"""

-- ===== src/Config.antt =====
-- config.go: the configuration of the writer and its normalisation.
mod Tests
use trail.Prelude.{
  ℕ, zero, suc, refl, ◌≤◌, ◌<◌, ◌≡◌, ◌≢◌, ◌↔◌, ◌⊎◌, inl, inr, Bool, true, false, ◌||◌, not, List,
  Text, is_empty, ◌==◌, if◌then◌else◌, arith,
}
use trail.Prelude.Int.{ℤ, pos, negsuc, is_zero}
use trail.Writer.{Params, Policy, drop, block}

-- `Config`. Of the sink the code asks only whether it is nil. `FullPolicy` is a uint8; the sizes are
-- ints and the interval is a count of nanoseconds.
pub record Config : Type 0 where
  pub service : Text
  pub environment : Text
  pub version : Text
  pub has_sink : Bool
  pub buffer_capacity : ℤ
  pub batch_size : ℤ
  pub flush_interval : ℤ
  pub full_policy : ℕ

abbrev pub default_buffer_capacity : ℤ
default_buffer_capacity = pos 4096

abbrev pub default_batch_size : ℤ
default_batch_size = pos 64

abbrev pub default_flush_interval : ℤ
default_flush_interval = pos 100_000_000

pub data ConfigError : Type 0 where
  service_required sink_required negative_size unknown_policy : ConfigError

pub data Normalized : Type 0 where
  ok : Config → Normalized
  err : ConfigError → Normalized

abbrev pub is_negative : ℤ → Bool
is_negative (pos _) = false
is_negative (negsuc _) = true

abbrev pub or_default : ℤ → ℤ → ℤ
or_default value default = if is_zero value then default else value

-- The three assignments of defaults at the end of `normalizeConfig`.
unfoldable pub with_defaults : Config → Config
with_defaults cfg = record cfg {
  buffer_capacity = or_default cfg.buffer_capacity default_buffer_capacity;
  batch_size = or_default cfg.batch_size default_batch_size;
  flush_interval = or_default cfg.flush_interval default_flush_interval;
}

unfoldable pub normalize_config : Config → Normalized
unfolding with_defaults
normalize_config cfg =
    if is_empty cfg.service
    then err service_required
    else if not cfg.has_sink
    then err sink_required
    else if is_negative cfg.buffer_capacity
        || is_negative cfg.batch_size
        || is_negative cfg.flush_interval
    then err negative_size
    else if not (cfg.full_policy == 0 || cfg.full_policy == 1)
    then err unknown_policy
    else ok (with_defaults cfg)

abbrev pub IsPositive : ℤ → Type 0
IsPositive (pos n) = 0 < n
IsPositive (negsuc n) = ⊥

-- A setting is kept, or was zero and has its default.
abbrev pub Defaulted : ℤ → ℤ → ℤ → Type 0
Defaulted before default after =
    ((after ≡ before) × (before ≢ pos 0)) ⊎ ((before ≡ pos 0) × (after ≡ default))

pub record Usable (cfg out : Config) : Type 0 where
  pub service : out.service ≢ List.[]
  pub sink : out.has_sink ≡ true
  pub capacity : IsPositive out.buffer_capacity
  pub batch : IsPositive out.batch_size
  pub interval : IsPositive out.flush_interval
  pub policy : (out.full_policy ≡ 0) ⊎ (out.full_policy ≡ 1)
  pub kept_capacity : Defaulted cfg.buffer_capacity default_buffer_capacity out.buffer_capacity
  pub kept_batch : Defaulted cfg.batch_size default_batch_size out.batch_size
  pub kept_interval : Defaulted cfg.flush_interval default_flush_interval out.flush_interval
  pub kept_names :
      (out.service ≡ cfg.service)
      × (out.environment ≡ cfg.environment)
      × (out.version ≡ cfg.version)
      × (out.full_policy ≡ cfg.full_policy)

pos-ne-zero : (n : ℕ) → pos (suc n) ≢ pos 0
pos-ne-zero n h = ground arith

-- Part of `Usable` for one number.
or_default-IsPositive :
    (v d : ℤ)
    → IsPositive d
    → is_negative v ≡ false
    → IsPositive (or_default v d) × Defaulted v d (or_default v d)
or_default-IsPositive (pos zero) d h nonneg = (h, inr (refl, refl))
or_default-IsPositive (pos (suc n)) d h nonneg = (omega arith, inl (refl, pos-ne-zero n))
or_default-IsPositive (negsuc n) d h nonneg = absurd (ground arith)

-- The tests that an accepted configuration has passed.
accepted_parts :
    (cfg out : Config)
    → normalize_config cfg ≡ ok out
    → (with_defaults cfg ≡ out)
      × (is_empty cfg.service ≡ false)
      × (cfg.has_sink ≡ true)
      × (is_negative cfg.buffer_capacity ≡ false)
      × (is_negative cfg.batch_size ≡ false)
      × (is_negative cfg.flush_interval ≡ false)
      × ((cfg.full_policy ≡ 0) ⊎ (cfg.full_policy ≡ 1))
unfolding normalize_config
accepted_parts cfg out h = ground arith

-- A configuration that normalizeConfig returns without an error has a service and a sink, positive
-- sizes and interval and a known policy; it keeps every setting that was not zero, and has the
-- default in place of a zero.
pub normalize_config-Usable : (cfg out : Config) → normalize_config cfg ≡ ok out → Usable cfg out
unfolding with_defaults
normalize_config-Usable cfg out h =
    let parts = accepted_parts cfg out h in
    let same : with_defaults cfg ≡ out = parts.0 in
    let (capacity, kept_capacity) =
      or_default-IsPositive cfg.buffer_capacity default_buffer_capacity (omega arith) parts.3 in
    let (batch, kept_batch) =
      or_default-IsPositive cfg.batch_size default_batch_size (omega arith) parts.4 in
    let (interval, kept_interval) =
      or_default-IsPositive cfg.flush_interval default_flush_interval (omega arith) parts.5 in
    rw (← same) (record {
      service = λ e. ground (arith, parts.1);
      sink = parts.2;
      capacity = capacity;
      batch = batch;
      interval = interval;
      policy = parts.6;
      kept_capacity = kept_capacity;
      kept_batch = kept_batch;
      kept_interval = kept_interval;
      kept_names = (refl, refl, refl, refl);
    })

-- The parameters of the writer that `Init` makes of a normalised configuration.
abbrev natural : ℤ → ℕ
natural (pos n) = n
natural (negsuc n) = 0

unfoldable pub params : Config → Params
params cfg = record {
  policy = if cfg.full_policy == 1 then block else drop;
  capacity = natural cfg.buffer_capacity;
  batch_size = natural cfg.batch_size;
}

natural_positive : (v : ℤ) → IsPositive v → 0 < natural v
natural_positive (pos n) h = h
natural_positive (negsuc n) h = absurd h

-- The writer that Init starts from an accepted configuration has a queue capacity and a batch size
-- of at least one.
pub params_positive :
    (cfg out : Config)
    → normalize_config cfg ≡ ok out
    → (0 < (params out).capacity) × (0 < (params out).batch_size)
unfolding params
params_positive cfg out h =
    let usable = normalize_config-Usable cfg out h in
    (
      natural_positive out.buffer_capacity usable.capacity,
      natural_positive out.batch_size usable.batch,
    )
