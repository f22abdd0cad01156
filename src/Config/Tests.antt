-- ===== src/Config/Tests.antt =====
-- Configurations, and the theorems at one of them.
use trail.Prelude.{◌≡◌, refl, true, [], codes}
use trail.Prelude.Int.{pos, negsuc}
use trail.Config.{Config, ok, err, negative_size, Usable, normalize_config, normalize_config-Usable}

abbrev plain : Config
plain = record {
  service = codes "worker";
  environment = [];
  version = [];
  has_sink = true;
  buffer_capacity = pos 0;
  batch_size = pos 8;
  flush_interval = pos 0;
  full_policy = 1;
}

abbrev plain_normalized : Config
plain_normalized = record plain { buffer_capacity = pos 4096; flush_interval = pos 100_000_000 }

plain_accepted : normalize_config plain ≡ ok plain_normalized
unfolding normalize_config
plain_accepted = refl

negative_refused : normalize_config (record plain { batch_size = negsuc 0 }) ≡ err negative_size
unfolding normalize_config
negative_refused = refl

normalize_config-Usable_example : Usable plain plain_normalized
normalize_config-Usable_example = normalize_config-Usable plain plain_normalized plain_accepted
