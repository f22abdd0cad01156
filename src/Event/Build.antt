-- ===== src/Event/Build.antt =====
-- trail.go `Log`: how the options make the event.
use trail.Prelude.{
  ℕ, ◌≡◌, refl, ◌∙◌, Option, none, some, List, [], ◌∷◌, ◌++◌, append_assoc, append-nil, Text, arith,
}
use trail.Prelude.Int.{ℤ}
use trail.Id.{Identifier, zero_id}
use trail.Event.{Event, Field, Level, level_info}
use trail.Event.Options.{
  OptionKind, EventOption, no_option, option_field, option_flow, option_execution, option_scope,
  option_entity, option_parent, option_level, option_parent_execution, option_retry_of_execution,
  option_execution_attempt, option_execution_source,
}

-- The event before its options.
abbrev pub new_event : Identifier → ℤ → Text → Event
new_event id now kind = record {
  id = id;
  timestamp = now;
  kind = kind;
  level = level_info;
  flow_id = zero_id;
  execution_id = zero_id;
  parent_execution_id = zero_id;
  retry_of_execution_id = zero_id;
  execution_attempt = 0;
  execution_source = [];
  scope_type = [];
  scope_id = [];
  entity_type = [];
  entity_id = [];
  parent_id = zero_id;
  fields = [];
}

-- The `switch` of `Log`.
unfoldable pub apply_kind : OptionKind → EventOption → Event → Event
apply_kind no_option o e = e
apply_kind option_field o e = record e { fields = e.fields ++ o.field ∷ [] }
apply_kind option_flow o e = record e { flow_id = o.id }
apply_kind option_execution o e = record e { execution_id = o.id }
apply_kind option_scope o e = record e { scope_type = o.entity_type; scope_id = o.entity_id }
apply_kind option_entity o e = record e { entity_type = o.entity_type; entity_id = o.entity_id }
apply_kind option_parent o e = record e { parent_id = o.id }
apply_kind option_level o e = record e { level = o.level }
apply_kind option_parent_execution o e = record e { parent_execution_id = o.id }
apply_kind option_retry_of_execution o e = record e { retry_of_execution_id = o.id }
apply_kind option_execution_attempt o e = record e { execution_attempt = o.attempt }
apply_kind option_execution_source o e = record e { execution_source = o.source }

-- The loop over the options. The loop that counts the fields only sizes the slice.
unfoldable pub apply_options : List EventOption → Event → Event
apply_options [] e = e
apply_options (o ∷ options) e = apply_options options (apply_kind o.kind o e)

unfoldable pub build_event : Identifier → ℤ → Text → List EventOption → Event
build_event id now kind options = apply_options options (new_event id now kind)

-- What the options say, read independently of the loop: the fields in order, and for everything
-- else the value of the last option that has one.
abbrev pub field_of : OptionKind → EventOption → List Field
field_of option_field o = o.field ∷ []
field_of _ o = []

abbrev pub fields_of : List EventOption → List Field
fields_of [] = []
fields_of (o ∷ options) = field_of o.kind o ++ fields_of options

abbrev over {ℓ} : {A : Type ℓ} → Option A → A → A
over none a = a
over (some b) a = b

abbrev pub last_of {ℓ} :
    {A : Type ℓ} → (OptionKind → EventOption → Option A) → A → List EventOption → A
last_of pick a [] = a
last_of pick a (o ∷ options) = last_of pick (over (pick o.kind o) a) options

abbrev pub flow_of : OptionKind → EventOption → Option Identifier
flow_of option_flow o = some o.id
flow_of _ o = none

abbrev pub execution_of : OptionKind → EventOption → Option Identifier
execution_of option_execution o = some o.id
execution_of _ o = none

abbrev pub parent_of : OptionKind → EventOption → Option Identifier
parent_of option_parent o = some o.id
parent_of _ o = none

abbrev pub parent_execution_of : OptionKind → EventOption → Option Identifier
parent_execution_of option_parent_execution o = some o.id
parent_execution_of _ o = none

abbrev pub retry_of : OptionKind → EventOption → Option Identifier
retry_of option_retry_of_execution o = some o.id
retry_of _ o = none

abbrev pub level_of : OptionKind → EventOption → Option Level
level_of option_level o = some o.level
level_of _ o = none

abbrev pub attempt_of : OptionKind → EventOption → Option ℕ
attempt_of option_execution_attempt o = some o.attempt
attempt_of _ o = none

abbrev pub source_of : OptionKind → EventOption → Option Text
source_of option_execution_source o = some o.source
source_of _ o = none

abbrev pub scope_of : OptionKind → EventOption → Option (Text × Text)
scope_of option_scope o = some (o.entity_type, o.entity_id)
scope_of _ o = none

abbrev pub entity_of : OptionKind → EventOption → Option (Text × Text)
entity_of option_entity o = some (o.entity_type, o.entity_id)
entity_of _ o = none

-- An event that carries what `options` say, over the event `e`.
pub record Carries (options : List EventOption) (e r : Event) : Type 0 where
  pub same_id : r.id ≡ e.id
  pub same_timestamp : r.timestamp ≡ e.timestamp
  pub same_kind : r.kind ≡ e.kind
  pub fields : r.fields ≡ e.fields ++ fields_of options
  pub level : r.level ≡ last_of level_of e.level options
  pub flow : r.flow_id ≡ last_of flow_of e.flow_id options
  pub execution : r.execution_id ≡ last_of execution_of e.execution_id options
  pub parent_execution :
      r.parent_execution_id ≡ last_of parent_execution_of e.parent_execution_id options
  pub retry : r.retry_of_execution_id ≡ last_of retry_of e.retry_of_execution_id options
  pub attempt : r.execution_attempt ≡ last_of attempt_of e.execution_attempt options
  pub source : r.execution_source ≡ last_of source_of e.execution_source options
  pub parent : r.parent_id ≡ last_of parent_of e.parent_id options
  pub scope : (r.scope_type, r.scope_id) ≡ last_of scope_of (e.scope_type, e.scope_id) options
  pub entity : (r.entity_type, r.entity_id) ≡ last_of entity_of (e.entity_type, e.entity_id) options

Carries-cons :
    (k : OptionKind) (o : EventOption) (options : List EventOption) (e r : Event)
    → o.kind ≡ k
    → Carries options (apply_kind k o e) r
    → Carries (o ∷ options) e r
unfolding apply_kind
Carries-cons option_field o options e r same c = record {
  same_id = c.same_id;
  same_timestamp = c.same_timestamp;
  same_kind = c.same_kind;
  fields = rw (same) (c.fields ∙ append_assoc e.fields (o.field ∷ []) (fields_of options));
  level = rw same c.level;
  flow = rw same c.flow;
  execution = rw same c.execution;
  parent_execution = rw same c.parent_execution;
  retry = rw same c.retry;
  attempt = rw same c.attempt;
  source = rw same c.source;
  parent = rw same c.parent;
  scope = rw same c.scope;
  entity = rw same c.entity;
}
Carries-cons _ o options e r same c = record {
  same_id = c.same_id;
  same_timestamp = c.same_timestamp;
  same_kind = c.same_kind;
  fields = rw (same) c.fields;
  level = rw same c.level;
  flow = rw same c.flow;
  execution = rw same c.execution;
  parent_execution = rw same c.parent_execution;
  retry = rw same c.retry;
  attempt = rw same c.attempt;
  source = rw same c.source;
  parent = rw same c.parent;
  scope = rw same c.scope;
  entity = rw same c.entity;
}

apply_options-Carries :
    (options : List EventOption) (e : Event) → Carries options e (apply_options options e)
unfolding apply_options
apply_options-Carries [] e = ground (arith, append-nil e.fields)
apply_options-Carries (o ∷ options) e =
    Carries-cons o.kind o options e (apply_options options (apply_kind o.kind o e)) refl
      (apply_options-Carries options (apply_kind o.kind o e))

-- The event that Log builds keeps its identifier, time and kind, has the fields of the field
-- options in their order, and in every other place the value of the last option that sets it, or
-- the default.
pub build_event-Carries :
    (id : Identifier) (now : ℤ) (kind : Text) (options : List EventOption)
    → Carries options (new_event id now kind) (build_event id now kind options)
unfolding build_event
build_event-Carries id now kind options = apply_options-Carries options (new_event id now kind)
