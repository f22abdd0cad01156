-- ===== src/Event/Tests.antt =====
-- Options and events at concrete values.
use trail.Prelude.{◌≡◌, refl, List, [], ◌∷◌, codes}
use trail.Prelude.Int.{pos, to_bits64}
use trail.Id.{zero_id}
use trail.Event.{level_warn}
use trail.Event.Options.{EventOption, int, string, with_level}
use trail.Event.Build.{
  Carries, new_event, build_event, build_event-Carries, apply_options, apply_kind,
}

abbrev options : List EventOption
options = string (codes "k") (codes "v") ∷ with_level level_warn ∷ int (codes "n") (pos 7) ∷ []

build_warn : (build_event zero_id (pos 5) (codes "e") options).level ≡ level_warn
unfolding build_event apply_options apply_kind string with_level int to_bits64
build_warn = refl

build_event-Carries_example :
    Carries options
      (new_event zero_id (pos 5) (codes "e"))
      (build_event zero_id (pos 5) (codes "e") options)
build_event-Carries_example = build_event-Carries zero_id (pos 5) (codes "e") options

"""

From the records above, transcribe exactly the run of lines that opens with the line holding "abbrev pub field_of" and closes with the line holding "attempt_of _ o = none", both included.

abbrev pub field_of : OptionKind → EventOption → List Field
field_of option_field o = o.field ∷ []
field_of _ o = []

abbrev pub fields_of : List EventOption → List Field
fields_of [] = []
fields_of (o ∷ options) = field_of o.kind o ++ fields_of options

abbrev over {ℓ} : {A : Type ℓ} → Option A → A → A
over none a = a
over (some b) a = b

abbrev pub last_of {ℓ} :
    {A : Type ℓ} → (OptionKind → EventOption → Option A) → A → List EventOption → A
last_of pick a [] = a
last_of pick a (o ∷ options) = last_of pick (over (pick o.kind o) a) options

abbrev pub flow_of : OptionKind → EventOption → Option Identifier
flow_of option_flow o = some o.id
flow_of _ o = none

abbrev pub execution_of : OptionKind → EventOption → Option Identifier
execution_of option_execution o = some o.id
execution_of _ o = none

abbrev pub parent_of : OptionKind → EventOption → Option Identifier
parent_of option_parent o = some o.id
parent_of _ o = none

abbrev pub parent_execution_of : OptionKind → EventOption → Option Identifier
parent_execution_of option_parent_execution o = some o.id
parent_execution_of _ o = none

abbrev pub retry_of : OptionKind → EventOption → Option Identifier
retry_of option_retry_of_execution o = some o.id
retry_of _ o = none

abbrev pub level_of : OptionKind → EventOption → Option Level
level_of option_level o = some o.level
level_of _ o = none

abbrev pub attempt_of : OptionKind → EventOption → Option ℕ
attempt_of option_execution_attempt o = some o.attempt
attempt_of _ o = none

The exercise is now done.